▸ **WHAT TO WORK ON**
Scan the records and identify every line in which the string "erase" occurs, then return those lines.

▸ **DATASET EXCERPTS**
________________

-- ===== src/Tests/SharedKeys.antt =====
-- Key generation of a party that holds both keys, with the polynomial 1 + 3x.
use wsts.Prelude.{ℕ, ◌≡◌, refl, List, [], ◌∷◌, contains, if◌then◌else◌}
use wsts.Prelude.Maps.{Map, lookup}
use wsts.Curve.Five.{F5, f0, f1, f2, f3, f4, five}
use wsts.Common.{PolyCommitment, verify}
use wsts.Util.{hash_to_scalar}
use wsts.Compute.{id, poly, powers}
use wsts.Schnorr
use wsts.V2.Dkg.{missing, check_comms, check_keys, too_few, bad_shares_of, bad_share, add_keys}
use wsts.V2.Party.{Party}
use wsts.V2.Secret.{compute_secret}
use wsts.V1.Keys.{constants}
use wsts.V2.Keys.{key_of, compute_secret-private_keys}

-- The group key is left from an earlier round.
abbrev party : Party ⦃c = five⦄
party = record {
  party_id = 0;
  key_ids = 0 ∷ 1 ∷ [];
  num_keys = 2;
  num_parties = 1;
  threshold = 2;
  f = f1 ∷ f3 ∷ [];
  private_keys = [];
  group_key = f4;
  nonce = record { d = f1; e = f2 };
}

abbrev comms : List (PolyCommitment ⦃c = five⦄)
comms = record { id = (Schnorr.new ⦃c = five⦄ (id ⦃c = five⦄ 0) f1 1).0; poly = f1 ∷ f3 ∷ [] } ∷ []

abbrev shares : Map (Map F5)
shares = (0, (0, f4) ∷ []) ∷ (1, (0, f2) ∷ []) ∷ []

abbrev after : Party ⦃c = five⦄
after = (compute_secret ⦃c = five⦄ shares comms party).0

compute_secret-private_keys_example :
    (after.group_key ≡ f0)
    × ((k : ℕ)
        → lookup k after.private_keys
          ≡ (if contains (0 ∷ 1 ∷ []) k then key_of ⦃c = five⦄ shares k else lookup {V = F5} k []))
unfolding compute_secret missing check_comms verify Schnorr.verify Schnorr.new hash_to_scalar id
    check_keys too_few bad_shares_of bad_share poly powers add_keys constants
compute_secret-private_keys_example = compute_secret-private_keys ⦃c = five⦄ shares comms party refl
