-- ===== src/Tests/SharedSigning.antt =====
-- A group of one party that holds both keys of the polynomial 2 + x, and its signatures.
use wsts.Prelude.{ℕ, ◌≡◌, refl, some, Option, List, [], ◌∷◌, arith}
use wsts.Prelude.Outcome.{ok, err}
use wsts.Curve.Five.{F5, f0, f1, f2, f3, f4, five, five-MultimultSucceeds, apart}
use wsts.Common.{PublicNonce, SignatureShare, from}
use wsts.Compute.{
  aggregate_nonce, id, intermediate, lambda, tweak, tweaked_public_key, binding, challenge,
  tagged_hash,
}
use wsts.Compute.Lagrange.{Distinct, combine}
use wsts.Compute.Interpolation.{evaluate}
use wsts.Util.{hash_to_scalar}
use wsts.Errors.{bad_party_sigs}
use wsts.Taproot
use wsts.V1.Tally.{total}
use wsts.V2.Party
use wsts.V2.Honest.{HoldsKeys}
use wsts.Compute.AggregateNonce.{aggregate_nonce-intermediate}
use wsts.V2.Party.{sign_with_tweak, Party}
use wsts.V2.Aggregator.{Aggregator, sign, sign_taproot}
use wsts.V2.Tally.{failing}
use wsts.V2.Signing.{sign-failing, sign_taproot-failing}

abbrev party : Party ⦃c = five⦄
party = record {
  party_id = 0;
  key_ids = 0 ∷ 1 ∷ [];
  num_keys = 2;
  num_parties = 1;
  threshold = 2;
  f = f2 ∷ f1 ∷ [];
  private_keys = (0, f3) ∷ (1, f4) ∷ [];
  group_key = f2;
  nonce = record { d = f1; e = f1 };
}

abbrev message : List ℕ
message = 7 ∷ []

abbrev root : Option (List ℕ)
root = some (1 ∷ [])

abbrev self : Aggregator ⦃c = five⦄
self = record { num_keys = 2; threshold = 2; poly = f2 ∷ f1 ∷ [] }

abbrev nonces : List (PublicNonce ⦃c = five⦄)
nonces = from ⦃c = five⦄ party.nonce ∷ []

abbrev share : F5 → List (SignatureShare ⦃c = five⦄)
share z = record { id = 0; z_i = z; key_ids = 0 ∷ 1 ∷ [] } ∷ []

-- What the party signs.
party_signs :
    Party.sign ⦃c = five⦄ party message (0 ∷ []) (0 ∷ 1 ∷ []) nonces
    ≡ some (record { id = 0; z_i = f3; key_ids = 0 ∷ 1 ∷ [] })
unfolding Party.sign from intermediate binding challenge tagged_hash hash_to_scalar id lambda
party_signs = refl

two_ids-Distinct : Distinct ⦃c = five⦄ (0 ∷ 1 ∷ [])
unfolding id
two_ids-Distinct = ((apart f1 f2 refl, tt), (tt, tt))

sign-failing_example :
    sign ⦃c = five⦄ self message nonces (share f3) (0 ∷ 1 ∷ []) ≡ ok (record { R = f2; z = f3 })
unfolding intermediate sign sign_taproot Taproot.new total failing combine evaluate from binding
    hash_to_scalar id challenge tagged_hash lambda tweak tweaked_public_key
sign-failing_example =
    sign-failing ⦃c = five⦄ five-MultimultSucceeds self message nonces (share f3) (0 ∷ 1 ∷ []) f2
      (f1 ∷ []) refl refl refl two_ids-Distinct (omega arith)

-- For the tweak it would have been 1.
sign_taproot-failing_example :
    sign_taproot ⦃c = five⦄ self message nonces (share f3) (0 ∷ 1 ∷ []) root
    ≡ err (bad_party_sigs (0 ∷ []))
unfolding intermediate sign sign_taproot Taproot.new total failing combine evaluate from binding
    hash_to_scalar id challenge tagged_hash lambda tweak tweaked_public_key
sign_taproot-failing_example =
    sign_taproot-failing ⦃c = five⦄ five-MultimultSucceeds self message nonces (share f3)
      (0 ∷ 1 ∷ []) f2 (f1 ∷ []) refl refl refl two_ids-Distinct (omega arith) root
      (apart f4 f0 refl) (apart f1 f0 refl) (apart f2 f0 refl)

party-HoldsKeys : HoldsKeys ⦃c = five⦄ party (f2 ∷ f1 ∷ []) (0 ∷ 1 ∷ [])
unfolding evaluate id
party-HoldsKeys = ((f3, refl, refl), ((f4, refl, refl), tt))

aggregate_nonce-intermediate_example :
    aggregate_nonce ⦃c = five⦄ message
      (0 ∷ 1 ∷ [])
      (record { D = f1; E = f2 } ∷ record { D = f1; E = f4 } ∷ [])
    ≡ some f3
unfolding intermediate binding id hash_to_scalar
aggregate_nonce-intermediate_example =
    aggregate_nonce-intermediate ⦃c = five⦄ five-MultimultSucceeds message (0 ∷ 1 ∷ [])
      (record { D = f1; E = f2 } ∷ record { D = f1; E = f4 } ∷ []) refl
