-- ===== src/Proxy/Events/Invariant.antt =====
-- The invariants of a proxied connection at the events of the socket.
use vpn_service_android.Common.{ℕ, ◌≡◌, subst, List, Option, some}
use vpn_service_android.Proxy.State.{Proxy}
use vpn_service_android.Proxy.Calls.Accounts.{IsProxy}
use vpn_service_android.Proxy.Handshake.{Config, Client}
use vpn_service_android.Proxy.Handshake.Moves.{Reach, Ended}
use vpn_service_android.Proxy.Events.{Reading, on_readable, on_writable}
use vpn_service_android.Proxy.Events.Accounts.{HandlesIf, on_readable-Handles}
use vpn_service_android.Proxy.Events.Sending.{on_writable-Handles, TakesGiven}

-- Whatever the proxy sends, and whatever the client does in its handlers, a readable event that
-- leaves `q` keeps the count of the bytes queued, and a tunnel that has ended dead, and moves the
-- handshake only along its steps.
pub on_readable_lem :
    (rand : ℕ → ℕ → ℕ → ℕ) (client : Client) (config : Config) (r : Reading) (p q : Proxy)
    → on_readable rand client config r p ≡ some q
    → IsProxy p
    → Ended p
    → IsProxy q × Ended q × Reach p.state q.state
on_readable_lem rand client config r p q e v dead =
    let h = subst (HandlesIf p) e (on_readable-Handles rand client config r p) in
    (h.accounts v, h.ended dead, h.reach)

-- When `send` takes no more than it is given, a writable event, whatever the client does in its
-- handlers, keeps the count of the bytes queued, and a tunnel that has ended dead, and moves the
-- handshake only along its steps.
pub on_writable_lem :
    (rand : ℕ → ℕ → ℕ → ℕ) (client : Client) (config : Config) (replies : ℕ → List ℕ → Option ℕ)
    (p : Proxy)
    → TakesGiven replies
    → IsProxy p
    → Ended p
    → IsProxy (on_writable rand client config replies p)
      × Ended (on_writable rand client config replies p)
      × Reach p.state (on_writable rand client config replies p).state
on_writable_lem rand client config replies p takes v dead =
    let h = on_writable-Handles rand client config replies p takes v in
    (h.accounts v, h.ended dead, h.reach)
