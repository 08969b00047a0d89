-- ===== src/Proxy/Events/Loop.antt =====
-- The loops of `onReadable` and `sendQueue` have the fuel they need, and what arrives of a stream
-- reaches the client.
use vpn_service_android.Common.{
  ℕ, zero, suc, ◌+◌, ◌-◌, ◌≤◌, ◌<◌, ◌≡◌, refl, sym, ap, subst, List, false, arith, leb, inl, inr,
  Bool-cases, Option, length, take, length-take,
}
use vpn_service_android.Buffer.Segment.{used, contents, consume}
use vpn_service_android.Buffer.Segment.Laws.{IsSegment, consume-IsSegment, length-contents}
use vpn_service_android.Cipher.Crypt.{Decrypted, done, stale_bytes}
use vpn_service_android.Cipher.Crypt.Consumption.{Within, decrypt-Within}
use vpn_service_android.Proxy.State.{share_buffer_size, Proxy}
use vpn_service_android.Proxy.Handshake.{Config, Client}
use vpn_service_android.Proxy.Events.{dispatch, decrypted, decrypt_all}
use vpn_service_android.Proxy.Events.Accounts.{dispatch-Runs}
use vpn_service_android.Proxy.Events.Sending.{used-consume}

module _ (rand : ℕ → ℕ → ℕ → ℕ) (client : Client) (config : Config) where
  -- Two continuations that agree on the proxies whose buffer has become shorter give the same round.
  decrypted-agree :
      (d : Decrypted) (input : List ℕ) (p : Proxy) (k l : Proxy → Option Proxy)
      → IsSegment p.decrypt_buffer
      → length input ≤ used p.decrypt_buffer
      → Within (length input) share_buffer_size d
      → ((q : Proxy)
          → IsSegment q.decrypt_buffer
          → used q.decrypt_buffer < used p.decrypt_buffer
          → k q ≡ l q)
      → decrypted rand client config d input p k ≡ decrypted rand client config d input p l
  unfolding decrypted
  decrypted-agree (stale_bytes o r) input p k l v le w agree = refl
  decrypted-agree (done o) input p k l v le w agree = elim (Bool-cases (leb (length o.out) 0)) [
    | inl over ↦ rw over
    | inr more ↦
        rw more (agree _ (subst IsSegment (sym same) (consume-IsSegment _ n v)) (shorter more))
  ]
    where
      n : ℕ
      n = length input - length o.rest

      q : Proxy
      q = record p { decrypt_buffer = consume p.decrypt_buffer n }

      same : (dispatch rand client config o.out q).decrypt_buffer ≡ consume p.decrypt_buffer n
      same = (dispatch-Runs rand client config o.out q).buffer

      shorter :
          leb (length o.out) 0 ≡ false
          → used (dispatch rand client config o.out q).decrypt_buffer < used p.decrypt_buffer
      shorter h =
          let some_taken : 0 < n = ground (arith, w) in
          omega (arith, used-consume p.decrypt_buffer n (omega (arith, le)) v, ap used same)

  -- Fuel beyond the bytes in the buffer changes nothing.
  decrypt_all-fuel :
      (f g : ℕ) (p : Proxy)
      → IsSegment p.decrypt_buffer
      → used p.decrypt_buffer < f
      → used p.decrypt_buffer < g
      → decrypt_all rand client config f p ≡ decrypt_all rand client config g p
  unfolding decrypt_all
  decrypt_all-fuel zero g p v hf hg = absurd (omega arith)
  decrypt_all-fuel (suc f) zero p v hf hg = absurd (omega arith)
  decrypt_all-fuel (suc f) (suc g) p v hf hg =
      decrypted-agree _ input p _ _ v
        (omega (
          arith,
          length-take share_buffer_size (contents p.decrypt_buffer),
          length-contents p.decrypt_buffer v,
        ))
        (decrypt-Within input share_buffer_size (omega arith))
        (λ q w lt. decrypt_all-fuel f g q w (omega (arith, lt)) (omega (arith, lt)))
    where
      input : List ℕ
      input = take share_buffer_size (contents p.decrypt_buffer)

  -- The loop of `onReadable` ends within the rounds that it is given: any more of them, and it is the
  -- same.
  pub decrypt_all_fuel :
      (k : ℕ) (p : Proxy)
      → IsSegment p.decrypt_buffer
      → decrypt_all rand client config (used p.decrypt_buffer + 1 + k) p
        ≡ decrypt_all rand client config (used p.decrypt_buffer + 1) p
  decrypt_all_fuel k p v = decrypt_all-fuel _ _ p v (omega arith) (omega arith)
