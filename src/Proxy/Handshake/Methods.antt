-- ===== src/Proxy/Handshake/Methods.antt =====
-- The methods offered in the greeting, and those accepted in the answer.
use vpn_service_android.Common.{
  ℕ, zero, suc, ◌≤◌, ◌≡◌, ◌≢◌, ◌==◌, ◌>>>◌, refl, List, [], ◌∷◌, Bool, true, false, arith,
  if◌then◌else◌,
}
use vpn_service_android.Proxy.Handshake.{contain_verify, verify_methods}

-- Whether a list of methods holds one.
abbrev pub offers : List ℕ → ℕ → Bool
offers [] m = false
offers (x ∷ xs) m = if x == m then true else offers xs m

contain_verify-offered :
    (left room vfms m : ℕ)
    → left ≤ room
    → m ≢ 0xff
    → contain_verify left vfms m ≡ offers (verify_methods left room vfms) m
unfolding contain_verify verify_methods
contain_verify-offered zero room vfms m le ne = refl
contain_verify-offered (suc left) zero vfms m le ne = ground arith
contain_verify-offered (suc left) (suc room) vfms m le ne = ground (
  arith,
  contain_verify-offered left (suc room) (vfms >>> 8) m (omega arith) ne,
  contain_verify-offered left room (vfms >>> 8) m (omega arith) ne,
)

-- The answer of the proxy may choose a method other than 0xFF exactly when the greeting offered it.
pub contain_verify_lem :
    (vfms m : ℕ) → m ≢ 0xff → contain_verify 4 vfms m ≡ offers (verify_methods 4 4 vfms) m
contain_verify_lem vfms m ne = contain_verify-offered 4 4 vfms m (omega arith) ne
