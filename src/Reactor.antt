-- ===== src/Reactor.antt =====
-- reactor/EpollReactor.cpp and IReactor.h: the table of handlers of one epoll descriptor, the stubs it
-- allocates, and the loop that dispatches events to handlers.
-- The answers of epoll_ctl, epoll_wait, time and write are arguments. What a client's handler does is
-- the row of calls it makes on the reactor, a function `handlers` of all callbacks so far.
pub mod Table
pub mod Calls
pub mod Loop
use vpn_service_android.Common.{
  ℕ, zero, suc, List, [], ◌∷◌, ◌++◌, Option, none, some, Bool, true, false, ◌&&◌, ◌||◌, not,
  if◌then◌else◌,
}

-- A set of the constants of IReactor::EVENT.
pub record Events : Type 0 where
  pub read : Bool
  pub write : Bool
  pub error : Bool

unfoldable pub union : Events → Events → Events
union e f = record {
  read = e.read || f.read;
  write = e.write || f.write;
  error = e.error || f.error;
}

-- events & (~removed)
unfoldable pub minus : Events → Events → Events
minus e f = record {
  read = e.read && not f.read;
  write = e.write && not f.write;
  error = e.error && not f.error;
}

unfoldable pub no_events : Events → Bool
no_events e = not (e.read || (e.write || e.error))

-- The interest given to epoll: EPOLLIN and EPOLLOUT.
pub record Mask : Type 0 where
  pub epoll_in : Bool
  pub epoll_out : Bool

unfoldable pub convert_event : Events → Mask
convert_event e = record { epoll_in = e.read; epoll_out = e.write }

-- (mask & wanted) == wanted
unfoldable pub covers : Mask → Mask → Bool
covers m w = (m.epoll_in || not w.epoll_in) && (m.epoll_out || not w.epoll_out)

-- A handler: the reactor itself for its command pipe, or a client's object.
pub data Listener : Type 0 where
  command : Listener
  client : ℕ → Listener

-- The epoll_event that a stub owns is its field `mask`.
pub record Stub : Type 0 where
  pub events : Events
  pub mask : Mask
  pub fd : ℕ
  pub listener : Option Listener
  pub tag : ℕ

pub data Kind : Type 0 where
  readable writable exception check : Kind

pub record Callback : Type 0 where
  pub kind : Kind
  pub fd : ℕ
  pub to : Listener
  pub tag : ℕ

-- `has_epoll` is mEpollFD >= 0; `pipe` is what the command pipe holds; `fault` is whether a stub was
-- used that is not allocated.
pub record Reactor : Type 0 where
  pub has_epoll : Bool
  pub working : Bool
  pub heap : ℕ → Option Stub
  pub fresh : ℕ
  pub table : List (ℕ × ℕ)
  pub deleted : List ℕ
  pub pipe : List ℕ
  pub log : List Callback
  pub fault : Bool

-- What a call returns: 0, -1 and 1.
pub data Status : Type 0 where
  success refused failure : Status

unfoldable pub faulted : Reactor → Reactor
faulted r = record r { fault = true }
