-- ===== src/Reactor/Table.antt =====
-- reactor/EpollReactor.h, `std::map<int,EventStub*> mFd2Events` and `std::list<EventStub*>
-- mDelEventStubs`: the map in the order of its keys, and the stubs as a store of objects at addresses.
pub mod Laws
use vpn_service_android.Common.{ℕ, List, [], ◌∷◌, Option, none, some, ◌==◌, ltb, if◌then◌else◌}

abbrev pub Table : Type 0
Table = List (ℕ × ℕ)

unfoldable pub find : ℕ → Table → Option ℕ
find fd [] = none
find fd ((k, a) ∷ t) = if k == fd then some a else find fd t

-- In place of an equal key, too; the reactor inserts only keys that are not there.
unfoldable pub insert : ℕ → ℕ → Table → Table
insert fd a [] = (fd, a) ∷ []
insert fd a ((k, b) ∷ t) =
    let rest = insert fd a t in if ltb fd k then (fd, a) ∷ (k, b) ∷ t else (k, b) ∷ rest

unfoldable pub erase : ℕ → Table → Table
erase fd [] = []
erase fd ((k, a) ∷ t) = let rest = erase fd t in if k == fd then t else (k, a) ∷ rest

module _ {ℓ} {A : Type ℓ} where
  -- The store of objects; `none` is an address that holds nothing.
  unfoldable pub store : (ℕ → Option A) → ℕ → Option A → ℕ → Option A
  store h a o b = if b == a then o else h b

  -- SAFE_DELETE on every address of a list.
  unfoldable pub free_all : List ℕ → (ℕ → Option A) → ℕ → Option A
  unfolding store
  free_all [] h = h
  free_all (a ∷ xs) h = free_all xs (store h a none)
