-- ===== src/Reactor/Calls.antt =====
-- reactor/EpollReactor.cpp: addEvent, delEvent, containEvent and stop. `ok` is whether epoll_ctl
-- accepts; a descriptor is `none` when it is negative.
pub mod Spec
pub mod Invariant
pub mod Kept
pub mod Views
pub mod Refine
pub mod Spared
use vpn_service_android.Common.{
  ℕ, zero, suc, List, [], ◌∷◌, ◌++◌, Option, none, some, Bool, true, false, if◌then◌else◌,
}
use vpn_service_android.Reactor.{
  Events, union, minus, no_events, convert_event, covers, Listener, command, Stub, Reactor, Status,
  success, refused, failure, faulted,
}
use vpn_service_android.Reactor.Table.{find, insert, erase, store}

unfoldable pub modify_stub :
    Option Stub → ℕ → Events → Option Listener → ℕ → Bool → Reactor → Status × Reactor
unfolding union convert_event faulted store
modify_stub none a events listener tag ok r = (success, faulted r)
modify_stub (some s) a events listener tag ok r =
    let both = union s.events events in
    let new = record s {
      events = both;
      mask = convert_event both;
      listener = listener;
      tag = tag;
    } in
    (if ok then success else failure, record r { heap = store r.heap a (some new) })

unfoldable pub new_stub : ℕ → Events → Option Listener → ℕ → Stub
unfolding convert_event
new_stub fd events listener tag = record {
  events = events;
  mask = convert_event events;
  fd = fd;
  listener = listener;
  tag = tag;
}

-- The stub of a descriptor that epoll refuses is deleted at once.
unfoldable pub add_found :
    Option ℕ → ℕ → Events → Option Listener → ℕ → Bool → Reactor → Status × Reactor
unfolding modify_stub new_stub insert store
add_found (some a) fd events listener tag ok r = modify_stub (r.heap a) a events listener tag ok r
add_found none fd events listener tag ok r =
    if ok
    then (
      success,
      record r {
        heap = store r.heap r.fresh (some (new_stub fd events listener tag));
        fresh = suc r.fresh;
        table = insert fd r.fresh r.table;
      },
    )
    else (failure, r)

unfoldable pub add_event :
    Option ℕ → Events → Option Listener → ℕ → Bool → Reactor → Status × Reactor
unfolding add_found find
add_event none events listener tag ok r = (refused, r)
add_event (some fd) events listener tag ok r =
    if r.has_epoll then add_found (find fd r.table) fd events listener tag ok r else (refused, r)

-- The last events of a descriptor: its stub loses the listener and waits for deletion.
unfoldable pub shrink_stub : Stub → ℕ → ℕ → Events → Bool → Reactor → Status × Reactor
unfolding minus convert_event no_events store erase
shrink_stub s a fd events ok r =
    let left = minus s.events events in
    let new = record s { events = left; mask = convert_event left } in
    if ok
    then (if no_events left
        then (
          success,
          record r {
            heap = store r.heap a (some (record new { listener = none }));
            deleted = r.deleted ++ a ∷ [];
            table = erase fd r.table;
          },
        )
        else (success, record r { heap = store r.heap a (some new) }))
    else (refused, record r { heap = store r.heap a (some new) })

unfoldable pub del_listened :
    Option Listener → Stub → ℕ → ℕ → Events → Bool → Reactor → Status × Reactor
unfolding shrink_stub
del_listened none s a fd events ok r = (success, r)
del_listened (some l) s a fd events ok r = shrink_stub s a fd events ok r

unfoldable pub del_stub : Option Stub → ℕ → ℕ → Events → Bool → Reactor → Status × Reactor
unfolding del_listened faulted
del_stub none a fd events ok r = (success, faulted r)
del_stub (some s) a fd events ok r = del_listened s.listener s a fd events ok r

unfoldable pub del_found : Option ℕ → ℕ → Events → Bool → Reactor → Status × Reactor
unfolding del_stub
del_found none fd events ok r = (refused, r)
del_found (some a) fd events ok r = del_stub (r.heap a) a fd events ok r

unfoldable pub del_event : ℕ → Events → Bool → Reactor → Status × Reactor
unfolding del_found find
del_event fd events ok r =
    if r.has_epoll then del_found (find fd r.table) fd events ok r else (refused, r)

unfoldable pub contain_listened : Option Listener → Stub → Events → Bool
unfolding covers convert_event
contain_listened none s events = false
contain_listened (some l) s events = covers s.mask (convert_event events)

unfoldable pub contain_stub : Option Stub → Events → Bool
unfolding contain_listened
contain_stub none events = false
contain_stub (some s) events = contain_listened s.listener s events

unfoldable pub contain_found : Option ℕ → Events → Reactor → Bool
unfolding contain_stub
contain_found none events r = false
contain_found (some a) events r = contain_stub (r.heap a) events

unfoldable pub contain_event : ℕ → Events → Reactor → Bool
unfolding contain_found find
contain_event fd events r = if r.has_epoll then contain_found (find fd r.table) events r else false

-- writeCmd(1); `ok` is whether the pipe takes the byte.
unfoldable pub stop : Bool → Reactor → Status × Reactor
stop ok r = if ok then (success, record r { pipe = r.pipe ++ 1 ∷ [] }) else (failure, r)

-- A call that a handler makes on the reactor.
pub data Call : Type 0 where
  add : Option ℕ → Events → Option Listener → ℕ → Bool → Call
  del : ℕ → Events → Bool → Call
  stop_loop : Bool → Call

unfoldable pub call : Call → Reactor → Status × Reactor
unfolding add_event del_event stop
call (add fd events listener tag ok) r = add_event fd events listener tag ok r
call (del fd events ok) r = del_event fd events ok r
call (stop_loop ok) r = stop ok r

unfoldable pub calls : List Call → Reactor → List Status × Reactor
unfolding call
calls [] r = ([], r)
calls (c ∷ cs) r = let first = call c r in let rest = calls cs first.1 in (first.0 ∷ rest.0, rest.1)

________________

▸ **WRITTEN SOLUTION**
unfoldable pub erase : ℕ → Table → Table
erase fd [] = []
erase fd ((k, a) ∷ t) = let rest = erase fd t in if k == fd then t else (k, a) ∷ rest
use vpn_service_android.Reactor.Table.{find, insert, erase, store}
unfolding minus convert_event no_events store erase
            table = erase fd r.table;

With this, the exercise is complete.